The search for associated dental anomalies is one of the most efficient investigative tools in the clinical study of the genetic determinants of eruption disturbances.^32,33 Such anomalies may be mechanically (causally) or genetically (noncausally) related to the eruption disturbance studied.³³ Of all the categories of developmental anomalies studied, evidence has been gathered here only to support a significant association of positional anomalies of teeth (other than third molars and PMCs) with PMC impaction. It is possible that positional anomalies like ectopic eruption and impaction demonstrated such an association primarily because of orthodontic reasons, such as crowding. On the other hand, with respect to anomalies like tooth rotations, we contend that these could be expected in the subjects with PMC impaction as a consequence of genetic mechanisms in the etiology of intra-arch tooth malpositions. This is validated by the growing body of evidence identifying a complex of genetically controlled dental disturbances that often occur in combination.^14,15 An odds ratio of 2.82 indicates that subjects with positional developmental disturbances of teeth are at an almost three times higher risk of presenting with PMC impaction (P < .05). The overall implication is that early diagnosis of PMC impaction could possibly be based on early identification of associated dental characteristics.

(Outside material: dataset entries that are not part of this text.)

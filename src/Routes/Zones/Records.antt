-- ===== src/Routes/Zones/Records.antt =====
-- The handlers of app/routes/zones.py that change the records of a zone, `_resign_if_enabled`,
-- `dnssec_sign`, `update_soa` and `delete_zone`. The request's body is a JSON object.
use nova_dns.Prelude.{
  ℕ, Bool, true, false, not, ◌&&◌, Option, none, some, List, [], ◌∷◌, ◌++◌, ◌==◌, length, String,
}
use nova_dns.Prelude.Int.{ℤ, pos, negsuc}
use nova_dns.Text.{Text}
use nova_dns.Text.Number.{str_of}
use nova_dns.Wire.Types.{codes}
use nova_dns.Wire.Rdata.{Field, num, text, null, Value}
use nova_dns.Run.{Run, ◌>>=◌, ◌>>◌, pure, lift, read, write}
use nova_dns.Db.{Db, Zone, Row, exists, select_one, update}
use nova_dns.Db.Statements.{zone_of, insert_record, delete_records, bump_serial, audit}
use nova_dns.ZoneSigning.Signing.{Signer, sign_zone}
use nova_dns.Routes.{
  Site, Reply, done, with_id, with_count, refused, put_db, on_db, bust_cache, refuse_if,
}
use nova_dns.Routes.Zones.Requests.{
  field, number_text, numbers_of, is_given, nat_of_field, ttl_of, stripped, or_none, or_apex,
  fields_for, optional_fields, given, missing,
}

-- SELECT * FROM zones WHERE id=?, and the reply 404 where there is none
unfoldable pub zone_found : (Zone → Run Site Reply) → Option Zone → Run Site Reply
zone_found next none = pure (refused 404)
zone_found next (some zone) = next zone

abbrev pub with_zone : ℕ → (Zone → Run Site Reply) → Run Site Reply
with_zone zone_id next = on_db (read (zone_of zone_id)) >>= zone_found next

-- f"{before}'{name}'{after}"
unfoldable pub quoted : Text → Text → Text → Text
quoted before name after = before ++ (39 ∷ (name ++ (39 ∷ after)))

-- what an UPDATE of a zone's records does: WHERE zone_id=? AND id IN (…)
unfoldable pub is_id : ℕ → ℤ → Bool
is_id id (pos n) = id == n
is_id id (negsuc n) = false

unfoldable pub chosen : ℕ → List ℤ → Row → Bool
unfolding exists is_id
chosen zone_id ids r = r.zone_id == zone_id && exists (is_id r.id) ids

unfoldable pub set_ttl : ℕ → List ℤ → ℕ → Run Db (Unit {0})
unfolding chosen update
set_ttl zone_id ids ttl = write (λ db. record db {
  records = update (chosen zone_id ids) (λ r. record r { ttl = some ttl }) db.records;
})

module _ (s : Signer) where
  -- zonesigning.sign_zone(db, zone), if the zone is signed
  unfoldable pub sign_if : Bool → Zone → Run Db (Unit {0})
  unfolding sign_zone
  sign_if true zone = sign_zone s zone none >>= λ summary. pure tt
  sign_if false zone = pure tt

  unfoldable pub resign : Option Zone → Run Db (Unit {0})
  unfolding sign_if
  resign none = pure tt
  resign (some zone) = sign_if zone.dnssec_enabled zone

  unfoldable pub resign_if_enabled : ℕ → Run Db (Unit {0})
  unfolding resign zone_of
  resign_if_enabled zone_id = read (zone_of zone_id) >>= resign

  -- the end of a change: the serial number, the audit log, the signatures and the cache
  unfoldable pub publish : ℕ → Text → Reply → Run Site Reply
  unfolding bump_serial audit resign_if_enabled put_db bust_cache
  publish zone_id action reply = do
    on_db (bump_serial zone_id)
    on_db (audit action (codes "dns"))
    on_db (resign_if_enabled zone_id)
    bust_cache
    pure reply

  unfoldable pub dnssec_sign : ℕ → Run Site Reply
  unfolding zone_found sign_zone audit put_db bust_cache zone_of str_of quoted
  dnssec_sign zone_id = with_zone zone_id λ zone. do
    result ← on_db (sign_zone s zone none)
    on_db (
        audit
          (quoted (codes "Signed zone ") zone.name
            (codes " with DNSSEC (key tag " ++ (str_of result.key_tag ++ codes ")")))
          (codes "dns"))
    bust_cache
    pure done

  unfoldable pub add_to : Zone → ℕ → Text → Text → Option ℕ → Value → Option Text → Run Site Reply
  unfolding insert_record publish put_db quoted
  add_to zone zone_id rtype name ttl values client_match = do
    id ← on_db (insert_record zone_id name rtype ttl values client_match)
    publish zone_id
        (quoted (codes "Added " ++ (rtype ++ codes " record ")) name
          (quoted (codes " to zone ") zone.name []))
        (with_id id)

  -- a request with a known type: 400 where a field that is required is missing
  unfoldable pub add_typed :
      Zone → ℕ → Value → Text → Option Text → Option (Text × List String) → Run Site Reply
  unfolding add_to given missing optional_fields ttl_of field refuse_if
  add_typed zone zone_id body name client_match none = pure (refused 400)
  add_typed zone zone_id body name client_match (some (rtype, fields)) =
      let values = given fields body in
      refuse_if (not (length (missing fields (optional_fields rtype) values) == 0)) 400 (
        lift (ttl_of (field "ttl" body)) >>= λ ttl.
        add_to zone zone_id rtype name ttl values client_match)

  unfoldable pub add_record : ℕ → Value → Run Site Reply
  unfolding zone_found add_typed stripped or_none or_apex fields_for field put_db zone_of
  add_record zone_id body = with_zone zone_id λ zone. do
    name ← lift (stripped "name" (codes "@") body)
    client ← lift (stripped "client_match" [] body)
    add_typed zone zone_id body (or_apex name) (or_none client) (fields_for (field "rtype" body))

  unfoldable pub delete_found : ℕ → Option Row → Run Site (Unit {0})
  unfolding delete_records bump_serial audit resign_if_enabled put_db quoted
  delete_found record_id none = pure tt
  delete_found record_id (some rec) = do
    on_db (delete_records (λ r. r.id == record_id))
    on_db (bump_serial rec.zone_id)
    on_db (
        audit (quoted (codes "Deleted " ++ (rec.rtype ++ codes " record ")) rec.name [])
          (codes "dns"))
    on_db (resign_if_enabled rec.zone_id)

  unfoldable pub delete_record : ℕ → Run Site Reply
  unfolding delete_found select_one put_db bust_cache
  delete_record record_id = do
    rec ← on_db (read (λ db. select_one (λ r. r.id == record_id) db.records))
    delete_found record_id rec
    bust_cache
    pure done

  unfoldable pub delete_chosen : Zone → ℕ → List ℤ → Run Site Reply
  unfolding delete_records publish put_db quoted str_of chosen
  delete_chosen zone zone_id [] = pure (refused 400)
  delete_chosen zone zone_id (id ∷ ids) = do
    on_db (delete_records (chosen zone_id (id ∷ ids)))
    publish zone_id
        (quoted
          (codes "Bulk-deleted " ++ (str_of (length (id ∷ ids)) ++ codes " record(s) from zone "))
          zone.name [])
        (with_count (length (id ∷ ids)))

  -- `ids` is body["ids"]
  unfoldable pub bulk_delete_records : ℕ → List Field → Run Site Reply
  unfolding zone_found delete_chosen put_db zone_of numbers_of
  bulk_delete_records zone_id ids =
      with_zone zone_id λ zone. lift (numbers_of ids) >>= delete_chosen zone zone_id

  -- f"{ttl}"
  unfoldable pub ttl_text : Field → Text
  unfolding number_text
  ttl_text (num n) = number_text n
  ttl_text (text t) = t
  ttl_text null = codes "None"

  unfoldable pub set_chosen : Zone → ℕ → Field → List ℤ → Run Site Reply
  unfolding is_given nat_of_field set_ttl publish put_db quoted str_of ttl_text refuse_if
  set_chosen zone zone_id ttl [] = pure (refused 400)
  set_chosen zone zone_id ttl (id ∷ ids) = refuse_if (not (is_given ttl)) 400 (
      lift (nat_of_field ttl) >>= λ n.
      on_db (set_ttl zone_id (id ∷ ids) n)
      >> publish zone_id
          (quoted
            (codes "Bulk-set TTL to "
              ++ (ttl_text ttl
                  ++ (codes " for "
                      ++ (str_of (length (id ∷ ids)) ++ codes " record(s) in zone "))))
            zone.name [])
          (with_count (length (id ∷ ids))))

  unfoldable pub bulk_set_ttl : ℕ → List Field → Field → Run Site Reply
  unfolding zone_found set_chosen put_db zone_of numbers_of
  bulk_set_ttl zone_id ids ttl =
      with_zone zone_id λ zone. lift (numbers_of ids) >>= set_chosen zone zone_id ttl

Owing to observational nature of the study and limitation in generalization of the results due to ethnicity-based differences, these findings must be considered preliminary; further verification in different populations with more elaborate resources and research tools is recommended. Furthermore, it should be of great interest, in view of the present findings, to investigate the probable etiology of labial vs lingual and unilateral vs bilateral PMC impaction in the context of various factors studied herein and determine if the genes associated with PMC eruption/impaction are also involved in determining dental age and associated dental anomalies.

CONCLUSIONS

• Compared with female orthodontic patients with normally erupted PMCs, those exhibiting PMC impaction revealed a trend toward delayed dental development. Risk of impaction was higher in subjects with delayed development of dentition.

• A significant association of other positional developmental anomalies with PMC impaction led to an approximately three times greater risk of impaction in their presence.